> _Work instruction_: Go through the entries below and say how many lines contain the string "zero"; write only that number.

> _Stored data entries_:
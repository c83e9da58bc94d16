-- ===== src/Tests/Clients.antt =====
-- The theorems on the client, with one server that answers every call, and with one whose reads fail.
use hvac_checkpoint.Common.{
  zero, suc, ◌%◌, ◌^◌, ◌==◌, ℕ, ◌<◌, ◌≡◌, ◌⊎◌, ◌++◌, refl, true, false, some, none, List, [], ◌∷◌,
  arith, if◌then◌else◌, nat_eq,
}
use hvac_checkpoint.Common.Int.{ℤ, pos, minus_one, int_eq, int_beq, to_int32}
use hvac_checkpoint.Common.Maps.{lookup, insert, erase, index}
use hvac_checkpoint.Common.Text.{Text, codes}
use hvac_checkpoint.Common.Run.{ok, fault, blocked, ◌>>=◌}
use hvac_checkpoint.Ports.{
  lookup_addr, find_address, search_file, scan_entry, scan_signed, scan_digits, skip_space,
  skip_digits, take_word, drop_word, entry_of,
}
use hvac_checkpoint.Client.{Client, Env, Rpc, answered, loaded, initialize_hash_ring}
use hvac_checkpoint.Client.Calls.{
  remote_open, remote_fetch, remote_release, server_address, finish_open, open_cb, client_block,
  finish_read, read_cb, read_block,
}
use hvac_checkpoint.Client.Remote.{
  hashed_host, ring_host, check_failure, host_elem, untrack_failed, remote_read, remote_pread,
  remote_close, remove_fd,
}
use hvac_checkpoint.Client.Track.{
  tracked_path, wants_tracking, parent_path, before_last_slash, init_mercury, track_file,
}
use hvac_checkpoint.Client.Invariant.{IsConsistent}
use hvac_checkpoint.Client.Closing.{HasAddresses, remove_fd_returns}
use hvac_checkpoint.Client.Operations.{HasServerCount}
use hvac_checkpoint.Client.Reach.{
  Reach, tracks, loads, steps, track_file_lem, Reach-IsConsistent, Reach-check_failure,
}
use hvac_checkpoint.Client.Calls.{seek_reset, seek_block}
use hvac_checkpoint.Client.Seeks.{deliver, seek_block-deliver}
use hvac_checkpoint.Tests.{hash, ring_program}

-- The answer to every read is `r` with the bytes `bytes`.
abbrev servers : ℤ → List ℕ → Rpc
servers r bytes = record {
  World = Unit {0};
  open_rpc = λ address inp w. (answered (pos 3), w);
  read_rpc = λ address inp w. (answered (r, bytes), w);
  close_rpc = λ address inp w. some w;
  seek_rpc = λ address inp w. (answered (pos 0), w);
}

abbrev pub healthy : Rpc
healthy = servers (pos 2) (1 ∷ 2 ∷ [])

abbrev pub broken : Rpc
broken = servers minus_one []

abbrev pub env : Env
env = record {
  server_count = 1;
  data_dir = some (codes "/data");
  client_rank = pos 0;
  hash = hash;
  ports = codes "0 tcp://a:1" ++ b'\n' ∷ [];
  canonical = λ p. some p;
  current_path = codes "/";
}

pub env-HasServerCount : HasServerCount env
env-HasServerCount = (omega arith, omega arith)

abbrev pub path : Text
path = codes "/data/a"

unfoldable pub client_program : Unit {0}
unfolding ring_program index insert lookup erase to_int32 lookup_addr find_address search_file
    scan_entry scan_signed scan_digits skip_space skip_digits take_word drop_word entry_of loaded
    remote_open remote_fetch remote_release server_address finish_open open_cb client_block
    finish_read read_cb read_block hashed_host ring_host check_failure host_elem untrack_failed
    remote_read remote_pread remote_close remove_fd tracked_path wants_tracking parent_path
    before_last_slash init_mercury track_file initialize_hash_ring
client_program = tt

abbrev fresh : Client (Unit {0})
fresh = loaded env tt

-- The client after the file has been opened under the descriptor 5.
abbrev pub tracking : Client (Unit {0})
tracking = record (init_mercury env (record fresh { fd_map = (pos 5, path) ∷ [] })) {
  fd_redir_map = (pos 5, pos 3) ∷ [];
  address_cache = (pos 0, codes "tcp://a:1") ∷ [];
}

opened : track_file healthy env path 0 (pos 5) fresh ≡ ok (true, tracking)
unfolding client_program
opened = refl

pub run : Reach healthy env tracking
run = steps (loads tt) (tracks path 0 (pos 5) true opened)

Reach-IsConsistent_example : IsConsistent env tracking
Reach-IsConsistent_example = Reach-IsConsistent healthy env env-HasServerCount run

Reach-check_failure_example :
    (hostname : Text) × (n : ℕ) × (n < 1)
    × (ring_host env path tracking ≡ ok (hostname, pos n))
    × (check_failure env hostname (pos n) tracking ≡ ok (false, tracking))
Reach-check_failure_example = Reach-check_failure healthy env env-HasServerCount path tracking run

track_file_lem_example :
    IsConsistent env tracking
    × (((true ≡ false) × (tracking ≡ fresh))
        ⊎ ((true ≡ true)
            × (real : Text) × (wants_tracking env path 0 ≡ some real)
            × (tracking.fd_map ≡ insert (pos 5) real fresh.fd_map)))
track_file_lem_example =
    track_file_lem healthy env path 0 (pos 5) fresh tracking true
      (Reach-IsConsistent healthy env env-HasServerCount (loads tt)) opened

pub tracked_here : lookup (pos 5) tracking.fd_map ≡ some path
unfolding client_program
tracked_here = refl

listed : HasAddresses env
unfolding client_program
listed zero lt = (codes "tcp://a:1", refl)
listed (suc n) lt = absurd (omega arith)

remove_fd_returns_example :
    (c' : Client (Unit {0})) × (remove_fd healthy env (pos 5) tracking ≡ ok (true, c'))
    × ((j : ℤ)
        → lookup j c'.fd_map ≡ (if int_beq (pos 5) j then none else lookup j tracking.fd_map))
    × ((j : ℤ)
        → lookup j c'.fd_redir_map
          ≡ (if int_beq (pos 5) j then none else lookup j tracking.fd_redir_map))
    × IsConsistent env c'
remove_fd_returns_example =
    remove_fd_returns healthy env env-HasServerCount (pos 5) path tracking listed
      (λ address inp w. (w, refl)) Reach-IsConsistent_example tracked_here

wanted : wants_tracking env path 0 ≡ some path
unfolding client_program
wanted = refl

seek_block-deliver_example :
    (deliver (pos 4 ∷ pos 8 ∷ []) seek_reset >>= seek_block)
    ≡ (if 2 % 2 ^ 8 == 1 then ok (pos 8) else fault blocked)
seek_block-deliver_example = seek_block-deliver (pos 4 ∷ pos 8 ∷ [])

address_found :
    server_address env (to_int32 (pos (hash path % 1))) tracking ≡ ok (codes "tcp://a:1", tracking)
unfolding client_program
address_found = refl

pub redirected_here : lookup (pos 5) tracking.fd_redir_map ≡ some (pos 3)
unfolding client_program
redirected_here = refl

> _Response to the exercise_: 2